David Ochieng

Personal information
- Date of birth: 7 October 1992 (age 33)
- Place of birth: Nairobi, Kenya
- Height: 1.89 m (6 ft 2 in)
- Position: Defender

Senior career*
- Years: Team / Apps / (Gls)
- 2011: Nairobi Stima
- 2012–2013: Tusker
- 2013–2015: Al-Taawon / 51 / (1)
- 2016–2017: New York Cosmos / 29 / (1)
- 2018: Brommapojkarna / 13 / (0)
- 2019: AFC Leopards
- 2019–2020: Al-Ansar
- 2020–: Mathare United

International career^{‡}
- 2012–: Kenya / 33 / (2)

= David Ochieng =

Kenyan footballer (born 1992)

David Ochieng (born 7 October 1992) is a Kenyan professional footballer who plays as a defender for Kenyan Premier League club Mathare United and the Kenya national team.

==Club career==
Born in Nairobi, Ochieng spent his early career with Nairobi Stima, Tusker and Al-Taawon.

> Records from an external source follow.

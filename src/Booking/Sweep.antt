-- ===== src/Booking/Sweep.antt =====
-- The sweep of lapsed holds that precedes a quote and a hold.
use lodgiva.Common.{
  ℕ, Bool, some, List, [], ◌∷◌, ◌≡◌, refl, subst, arith, filter, All, inl, inr, Bool-cases,
}
use lodgiva.Store.{Hold, Allocation, Db, ok}
use lodgiva.Access.{Auth}
use lodgiva.Inventory.{first_rows, is_overdue, expire_stale_holds, expire_holds, release_hold}
use lodgiva.Inventory.Slots.{UniqueSlots, Differ}

All-filter :
    (P : Allocation → Type 0) (q : Allocation → Bool) (l : List Allocation)
    → All P l
    → All P (filter q l)
All-filter P q [] h = tt
All-filter P q (x ∷ l) h = elim (Bool-cases (q x)) [
  | inl hit ↦ rw hit (h.0, All-filter P q l h.1)
  | inr miss ↦ rw miss (All-filter P q l h.1)
]

-- Freeing slots keeps the slots apart.
UniqueSlots-filter :
    (q : Allocation → Bool) (l : List Allocation) → UniqueSlots l → UniqueSlots (filter q l)
UniqueSlots-filter q [] h = tt
UniqueSlots-filter q (x ∷ l) h = elim (Bool-cases (q x)) [
  | inl hit ↦ rw hit (All-filter (Differ x) q l h.0, UniqueSlots-filter q l h.1)
  | inr miss ↦ rw miss (UniqueSlots-filter q l h.1)
]

-- The sweep of lapsed holds frees slots, and touches no room, reservation or stay.
pub record Swept (db db' : Db) : Type 0 where
  pub unique : UniqueSlots db.allocations → UniqueSlots db'.allocations
  pub rooms : db'.rooms ≡ db.rooms
  pub blocks : db'.blocks ≡ db.blocks
  pub reservations : db'.reservations ≡ db.reservations
  pub stays : db'.reservation_rooms ≡ db.reservation_rooms

expire_holds-Swept :
    (hs : List Hold) (db : Db) → (db' : Db) × (expire_holds hs db ≡ ok (tt, db')) × Swept db db'
unfolding expire_holds release_hold
expire_holds-Swept [] db = (
  db,
  refl,
  record { unique = λ u. u; rooms = refl; blocks = refl; reservations = refl; stays = refl },
)
expire_holds-Swept (h ∷ hs) db =
    let (end, ran, kept) = expire_holds-Swept hs _ in
    (
      end,
      ran,
      record {
        unique = λ u. kept.unique (UniqueSlots-filter _ db.allocations u);
        rooms = kept.rooms;
        blocks = kept.blocks;
        reservations = kept.reservations;
        stays = kept.stays;
      },
    )

pub expire_stale_holds-Swept :
    (auth : Auth) (db mid : Db) (n : ℕ)
    → expire_stale_holds (some auth.tenant_id) db ≡ ok (n, mid)
    → Swept db mid
unfolding expire_stale_holds
expire_stale_holds-Swept auth db mid n h =
    let (end, ran, kept) =
      expire_holds-Swept
        (first_rows 200 (filter (is_overdue db.now (some auth.tenant_id)) db.holds)) db in
    let same : end ≡ mid = ground (arith, ran) in subst (λ d. Swept db d) same kept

He joined the New York Cosmos in February 2016, leaving the club ahead of the 2018 season.

He spent the 2018 season with Swedish club Brommapojkarna. On 11 March 2019, he joined AFC Leopards in Kenya on a short-term deal. In July 2019 he signed for Saudi club Al-Ansar.

==International career==
He made his senior international debut for Kenya in 2012, and has appeared in FIFA World Cup qualifying matches.